Summary Bullets:
- Synthetic DNA is seen as a solution to the challenge of how to store rising volumes of digital data generated by smartphones, tablets, and Internet-connected sensors.
- Innovations by U.S.-based startup Catalog promise to speed up and reduce the cost of encoding digital data for DNA storage, potentially benefitting commercial adoption.

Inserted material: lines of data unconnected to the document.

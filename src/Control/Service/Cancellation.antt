-- ===== src/Control/Service/Cancellation.antt =====
-- engine/control/service.ts, cancelLocked: what a cancellation does, and that it fences the workers.
use mathlib.Core.Path.{subst}
use forge_ai.Prelude.{
  ℕ, ◌≡◌, ◌||◌, refl, sym, ◌∙◌, ◌⊎◌, Bool, true, false, none, some, ok, err, any, find, All,
  All-update, lease_lost, not_found, inl, inr, if◌then◌else◌,
}
use forge_ai.Jobs.{is_terminal, cancelling, cancel}
use forge_ai.Control.Tables.{World, JobRow, StepRow, CleanupReason, to_cancelled}
use forge_ai.Control.Tx.{Environment, Tx, >>=-split, ok_pair, return, ◌>>=◌}
use forge_ai.Control.State.{job_is, is_cancelling, change_state, stored_at, logical_fields}
use forge_ai.Control.State.Change.{Reduces, change_state-Reduces}
use forge_ai.Control.Cleanup.{
  pending, open_step, cancel_step, cancel_steps, stop_previews, revoke_tickets,
}
use forge_ai.Control.Cleanup.Effects.{put_cleanup-open, closed_step, IsMarked}
use forge_ai.Control.Worker.{leased}
use forge_ai.Control.Worker.Fencing.{leased-pending}
use forge_ai.Control.Service.{cancel_locked, close_job, mark_cancelled}

-- A job that is cancelled: a request of the reducer to CANCELLING, with the target CANCELLED, no open
-- step and an open cleanup, in the tables as in the row.
pub record Cancelled (env : Environment) (j k : JobRow) (v : World) : Type 0 where
  pub marked : k.cleanup_target ≡ some to_cancelled
  pub rows : All (IsMarked k.id to_cancelled) v.jobs
  pub moved : JobRow
  pub returned : k ≡ mark_cancelled moved
  pub reduces : Reduces env j cancelling cancel moved
  pub steps : All (λ (s : StepRow). open_step k.id s ≡ false) v.steps
  pub cleanup : any (pending k.id) v.cleanups ≡ true

-- Closing a job always succeeds, marks its stored row, and leaves it no open step and an open cleanup.
close_job-closed :
    (env : Environment) (m : JobRow) (u : World)
    → (v : World) × (close_job env m u ≡ ok (mark_cancelled m, v))
      × All (IsMarked m.id to_cancelled) v.jobs
      × All (λ (s : StepRow). open_step m.id s ≡ false) v.steps
      × (any (pending m.id) v.cleanups ≡ true)
unfolding close_job cancel_steps stop_previews revoke_tickets
close_job-closed env m u =
    let now = env.clock u.reads in
    (
      _,
      refl,
      All-update (IsMarked m.id to_cancelled) (job_is m.id) mark_cancelled u.jobs (λ x e. inr refl)
          (λ x e. inl e),
      All-update (λ (s : StepRow). open_step m.id s ≡ false) (open_step m.id) (cancel_step now)
          u.steps (λ x e. closed_step m.id now x) (λ x e. e),
      put_cleanup-open m.id CleanupReason.cancel (env.uuid u.made) u.cleanups,
    )

-- Cancelling a live job, whose stored row the caller holds, does the reducer's request to CANCELLING,
-- marks the stored job and the returned row for CANCELLED, closes every queued or running step of it and opens its cleanup.
pub cancel_locked-Cancelled :
    (env : Environment) (j r k : JobRow) (w v : World)
    → (is_terminal j.state || is_cancelling j.state) ≡ false
    → find (stored_at j j.state_version) w.jobs ≡ some r
    → logical_fields r ≡ logical_fields j
    → cancel_locked env j w ≡ ok (k, v)
    → Cancelled env j k v
unfolding cancel_locked
cancel_locked-Cancelled env j r k w v live f same e =
    let (moved, u, changed, e1) =
      >>=-split (change_state env j cancelling cancel none none none) (close_job env) w v k (
        subst
          (λ (b : Bool).
            (if b
                then return j
                else change_state env j cancelling cancel none none none >>= close_job env)
              w
            ≡ ok (k, v))
          live e) in
    let d =
      change_state-Reduces env j r moved cancelling cancel none none none w u f same changed in
    let (x, closed, rows, steps, cleanup) = close_job-closed env moved u in
    let (job, world) = ok_pair {a = mark_cancelled moved} {w = x} (sym closed ∙ e1) in
    subst (λ (y : World). Cancelled env j k y) (sym world)
      (subst (λ (l : JobRow). Cancelled env j l x) (sym job)
        (record {
          marked = refl;
          rows = rows;
          moved = moved;
          returned = refl;
          reduces = d;
          steps = steps;
          cleanup = cleanup;
        }))

-- After a live job, whose stored row the caller held, was cancelled, no worker gets through to it,
-- whatever step and epoch it still holds: the answer is a lost lease, or that the project or the job
-- is not found.
pub leased-cancel_locked :
    (env : Environment) (worker : ℕ) (s : StepRow) {A : Type 0} (fn : JobRow → Tx A)
    (j r k : JobRow) (w v : World)
    → (is_terminal j.state || is_cancelling j.state) ≡ false
    → find (stored_at j j.state_version) w.jobs ≡ some r
    → logical_fields r ≡ logical_fields j
    → cancel_locked env j w ≡ ok (k, v)
    → s.job_id ≡ k.id
    → (leased env worker s fn v ≡ err lease_lost) ⊎ (leased env worker s fn v ≡ err not_found)
leased-cancel_locked env worker s fn j r k w v live f same e on =
    leased-pending env worker s fn v
      (rw on (cancel_locked-Cancelled env j r k w v live f same e).cleanup)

U.S.-based startup Catalog recently revealed that it had successfully stored all 16 gigabytes of Wikipedia’s English-language text on tiny DNA strands within a laboratory vial, in the latest demonstration of the power and potential of synthetic DNA as a medium for storing digital data. The accomplishment marks a new record for the amount of digital information to be stored on DNA. Catalog used prefabricated synthetic DNA strands to store the Wikipedia data, along with a DNA writing machine, which currently writes data at a rate of 4 megabits per second, but which Catalog wants to make at least a thousand times faster.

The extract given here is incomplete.